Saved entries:
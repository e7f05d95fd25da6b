-- ===== src/Detector/Overlaps.antt =====
-- What `resolve_overlaps` of src/detector.rs keeps of the findings.
use agent_veil.Detector.{
  Decided, span_le, insert_sorted, sort_by_key, outranks, stronger, merge_from, component, merge,
  resolve_overlaps,
}
use agent_veil.Domain.{precedence}
use agent_veil.Prelude.{
  ℕ, List, [], ◌∷◌, All, In, inl, inr, ◌≤◌, arith, Bool-cases, All-imp, max, ltb, refl, subst, sym,
}

-- Some finding of the list spans the given one and has an action of its precedence or a higher one.
abbrev pub IsCovered : List Decided → Decided → Type 0
IsCovered ms d =
    (m : Decided) × In m ms
    × (m.0.source_span.start ≤ d.0.source_span.start)
    × (d.0.source_span.end ≤ m.0.source_span.end)
    × (precedence d.1 ≤ precedence m.1)

abbrev StartsFrom : ℕ → Decided → Type 0
StartsFrom n d = n ≤ d.0.source_span.start

-- Each span ends before the later ones start.
abbrev pub IsSeparated : List Decided → Type 0
IsSeparated [] = Unit
IsSeparated (m ∷ ms) = All (StartsFrom m.0.source_span.end) ms × IsSeparated ms

abbrev IsAscending : List Decided → Type 0
IsAscending [] = Unit
IsAscending (d ∷ ds) = All (StartsFrom d.0.source_span.start) ds × IsAscending ds

insert_sorted-All :
    (P : Decided → Type 0) (d : Decided) (ds : List Decided)
    → P d
    → All P ds
    → All P (insert_sorted d ds)
unfolding insert_sorted
insert_sorted-All P d [] p h = (p, tt)
insert_sorted-All P d (x ∷ xs) p h = elim (Bool-cases (span_le d.0.source_span x.0.source_span)) [
  | inl t ↦ rw (insert_sorted, t) (p, h)
  | inr f ↦ rw (insert_sorted, f) (h.0, insert_sorted-All P d xs p h.1)
]

insert_sorted-IsAscending :
    (d : Decided) (ds : List Decided) → IsAscending ds → IsAscending (insert_sorted d ds)
unfolding insert_sorted
insert_sorted-IsAscending d [] h = (tt, tt)
insert_sorted-IsAscending d (x ∷ xs) h =
    elim (Bool-cases (span_le d.0.source_span x.0.source_span)) [
      | inl t ↦
          let below : d.0.source_span.start ≤ x.0.source_span.start =
            unfold span_le in ground arith in
          rw (insert_sorted, t)
            (
              (
                below,
                All-imp (StartsFrom x.0.source_span.start) (StartsFrom d.0.source_span.start)
                    (λ y l. omega (arith, l, below)) xs h.0,
              ),
              h,
            )
      | inr f ↦
          let below : x.0.source_span.start ≤ d.0.source_span.start =
            unfold span_le in ground arith in
          rw (insert_sorted, f)
            (
              insert_sorted-All (StartsFrom x.0.source_span.start) d xs below h.0,
              insert_sorted-IsAscending d xs h.1,
            )
    ]

sort_by_key-IsAscending : (ds : List Decided) → IsAscending (sort_by_key ds)
unfolding sort_by_key
sort_by_key-IsAscending [] = tt
sort_by_key-IsAscending (d ∷ ds) =
    insert_sorted-IsAscending d (sort_by_key ds) (sort_by_key-IsAscending ds)

In-insert_sorted : (d x : Decided) (xs : List Decided) → In x (d ∷ xs) → In x (insert_sorted d xs)
unfolding insert_sorted
In-insert_sorted d x [] m = m
In-insert_sorted d x (y ∷ xs) m = elim (Bool-cases (span_le d.0.source_span y.0.source_span)) [
  | inl t ↦ rw (insert_sorted, t) m
  | inr f ↦ rw (insert_sorted, f) (later m (In-insert_sorted d x xs))
]
  where
    later :
        In x (d ∷ y ∷ xs)
        → (In x (d ∷ xs) → In x (insert_sorted d xs))
        → In x (y ∷ insert_sorted d xs)
    later (inl e) f = inr (f (inl e))
    later (inr (inl e)) f = inl e
    later (inr (inr k)) f = inr (f (inr k))

In-sort_by_key : (x : Decided) (ds : List Decided) → In x ds → In x (sort_by_key ds)
unfolding sort_by_key
In-sort_by_key x (d ∷ ds) (inl e) = In-insert_sorted d x (sort_by_key ds) (inl e)
In-sort_by_key x (d ∷ ds) (inr m) =
    In-insert_sorted d x (sort_by_key ds) (inr (In-sort_by_key x ds m))
In-sort_by_key x [] m = absurd m

precedence-stronger :
    (best d : Decided)
    → (precedence best.1 ≤ precedence (stronger best d).1)
      × (precedence d.1 ≤ precedence (stronger best d).1)
unfolding stronger outranks
precedence-stronger best d = (ground arith, ground arith)

-- A component covers what lies in it, and the merge covers the findings still to come.
merge_from-IsCovered :
    (start end : ℕ) (best : Decided) (ds : List Decided) (x : Decided)
    → start ≤ x.0.source_span.start
    → x.0.source_span.end ≤ end
    → precedence x.1 ≤ precedence best.1
    → IsCovered (merge_from start end best ds) x
unfolding merge_from component
merge_from-IsCovered start end best [] x l r p = (component start end best, inl refl, l, r, p)
merge_from-IsCovered start end best (d ∷ ds) x l r p =
    elim (Bool-cases (ltb d.0.source_span.start end)) [
      | inl t ↦
          let stronger_le = precedence-stronger best d in
          rw (merge_from, t)
            (merge_from-IsCovered start (max end d.0.source_span.end) (stronger best d) ds x l
              (omega (arith, r)) (omega (arith, p, stronger_le.0)))
      | inr f ↦ rw (merge_from, f) (component start end best, inl refl, l, r, p)
    ]

IsCovered-later : (m x : Decided) (ms : List Decided) → IsCovered ms x → IsCovered (m ∷ ms) x
IsCovered-later m x ms (n, i, l, r, p) = (n, inr i, l, r, p)

rest-IsCovered :
    (start end : ℕ) (best : Decided) (ds : List Decided)
    → All (StartsFrom start) ds
    → IsAscending ds
    → (x : Decided) → In x ds
    → IsCovered (merge_from start end best ds) x
unfolding merge_from
rest-IsCovered start end best [] h a x m = absurd m
rest-IsCovered start end best (d ∷ ds) h a x m = elim (Bool-cases (ltb d.0.source_span.start end)) [
  | inl t ↦
      let wide = max end d.0.source_span.end in
      let (first, second) = precedence-stronger best d in
      rw (merge_from, t)
        (either _ m
          (merge_from-IsCovered start wide (stronger best d) ds d h.0 (omega arith) second)
          (rest-IsCovered start wide (stronger best d) ds h.1 a.1 x))
  | inr f ↦
      let n = d.0.source_span.start in
      let e = d.0.source_span.end in
      rw (merge_from, f)
        (IsCovered-later (component start end best) x _ (
          either _ m (merge_from-IsCovered n e d ds d (omega arith) (omega arith) (omega arith))
            (rest-IsCovered n e d ds a.0 a.1 x)))
]
  where
    either :
        (ms : List Decided)
        → In x (d ∷ ds)
        → IsCovered ms d
        → (In x ds → IsCovered ms x)
        → IsCovered ms x
    either ms (inl e) c f = subst (λ y. IsCovered ms y) (sym e) c
    either ms (inr k) c f = f k

merge_from-IsSeparated :
    (start end : ℕ) (best : Decided) (ds : List Decided)
    → All (StartsFrom start) ds
    → IsAscending ds
    → All (StartsFrom start) (merge_from start end best ds)
      × IsSeparated (merge_from start end best ds)
unfolding merge_from component
merge_from-IsSeparated start end best [] h a = ((omega arith, tt), (tt, tt))
merge_from-IsSeparated start end best (d ∷ ds) h a =
    elim (Bool-cases (ltb d.0.source_span.start end)) [
      | inl t ↦
          rw (merge_from, t)
            (merge_from-IsSeparated start (max end d.0.source_span.end) (stronger best d) ds h.1
              a.1)
      | inr f ↦
          let n = d.0.source_span.start in
          let past : end ≤ n = ground arith in
          let (from, apart) = merge_from-IsSeparated n d.0.source_span.end d ds a.0 a.1 in
          rw (merge_from, f)
            (
              (
                omega arith,
                All-imp (StartsFrom n) (StartsFrom start) (λ y l. omega (arith, l, h.0)) _ from,
              ),
              (
                All-imp (StartsFrom n) (StartsFrom end) (λ y l. omega (arith, l, past)) _ from,
                apart,
              ),
            )
    ]

merge-IsSeparated : (ds : List Decided) → IsAscending ds → IsSeparated (merge ds)
unfolding merge
merge-IsSeparated [] a = tt
merge-IsSeparated (d ∷ ds) a =
    (merge_from-IsSeparated d.0.source_span.start d.0.source_span.end d ds a.0 a.1).1

merge-IsCovered :
    (ds : List Decided) → IsAscending ds → (x : Decided) → In x ds → IsCovered (merge ds) x
unfolding merge
merge-IsCovered [] a x m = absurd m
merge-IsCovered (d ∷ ds) a x (inl e) =
    subst (λ y. IsCovered (merge_from d.0.source_span.start d.0.source_span.end d ds) y) (sym e)
      (merge_from-IsCovered d.0.source_span.start d.0.source_span.end d ds d (omega arith)
        (omega arith) (omega arith))
merge-IsCovered (d ∷ ds) a x (inr m) =
    rest-IsCovered d.0.source_span.start d.0.source_span.end d ds a.0 a.1 x m

-- The spans that are left are in order and do not overlap, and every finding lies in one of them
-- whose action is at least as strong.
pub resolve_overlaps-IsSeparated :
    (findings : List Decided)
    → IsSeparated (resolve_overlaps findings)
      × ((d : Decided) → In d findings → IsCovered (resolve_overlaps findings) d)
unfolding resolve_overlaps
resolve_overlaps-IsSeparated findings =
    let ascending = sort_by_key-IsAscending findings in
    (
      merge-IsSeparated (sort_by_key findings) ascending,
      λ d m. merge-IsCovered (sort_by_key findings) ascending d (In-sort_by_key d findings m),
    )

▶ **Task**:
What is needed is an exact copy of the entries from their first line down to the line with "insert_sorted-All P d [] p h = (p, tt)", that line included, and nothing beyond it.

▶ **Result of this exercise**:
repository e7f05d95fd25da6b
-- ===== src/Detector/Overlaps.antt =====
-- What `resolve_overlaps` of src/detector.rs keeps of the findings.
use agent_veil.Detector.{
  Decided, span_le, insert_sorted, sort_by_key, outranks, stronger, merge_from, component, merge,
  resolve_overlaps,
}
use agent_veil.Domain.{precedence}
use agent_veil.Prelude.{
  ℕ, List, [], ◌∷◌, All, In, inl, inr, ◌≤◌, arith, Bool-cases, All-imp, max, ltb, refl, subst, sym,
}

-- Some finding of the list spans the given one and has an action of its precedence or a higher one.
abbrev pub IsCovered : List Decided → Decided → Type 0
IsCovered ms d =
    (m : Decided) × In m ms
    × (m.0.source_span.start ≤ d.0.source_span.start)
    × (d.0.source_span.end ≤ m.0.source_span.end)
    × (precedence d.1 ≤ precedence m.1)

abbrev StartsFrom : ℕ → Decided → Type 0
StartsFrom n d = n ≤ d.0.source_span.start

-- Each span ends before the later ones start.
abbrev pub IsSeparated : List Decided → Type 0
IsSeparated [] = Unit
IsSeparated (m ∷ ms) = All (StartsFrom m.0.source_span.end) ms × IsSeparated ms

abbrev IsAscending : List Decided → Type 0
IsAscending [] = Unit
IsAscending (d ∷ ds) = All (StartsFrom d.0.source_span.start) ds × IsAscending ds

insert_sorted-All :
    (P : Decided → Type 0) (d : Decided) (ds : List Decided)
    → P d
    → All P ds
    → All P (insert_sorted d ds)
unfolding insert_sorted
insert_sorted-All P d [] p h = (p, tt)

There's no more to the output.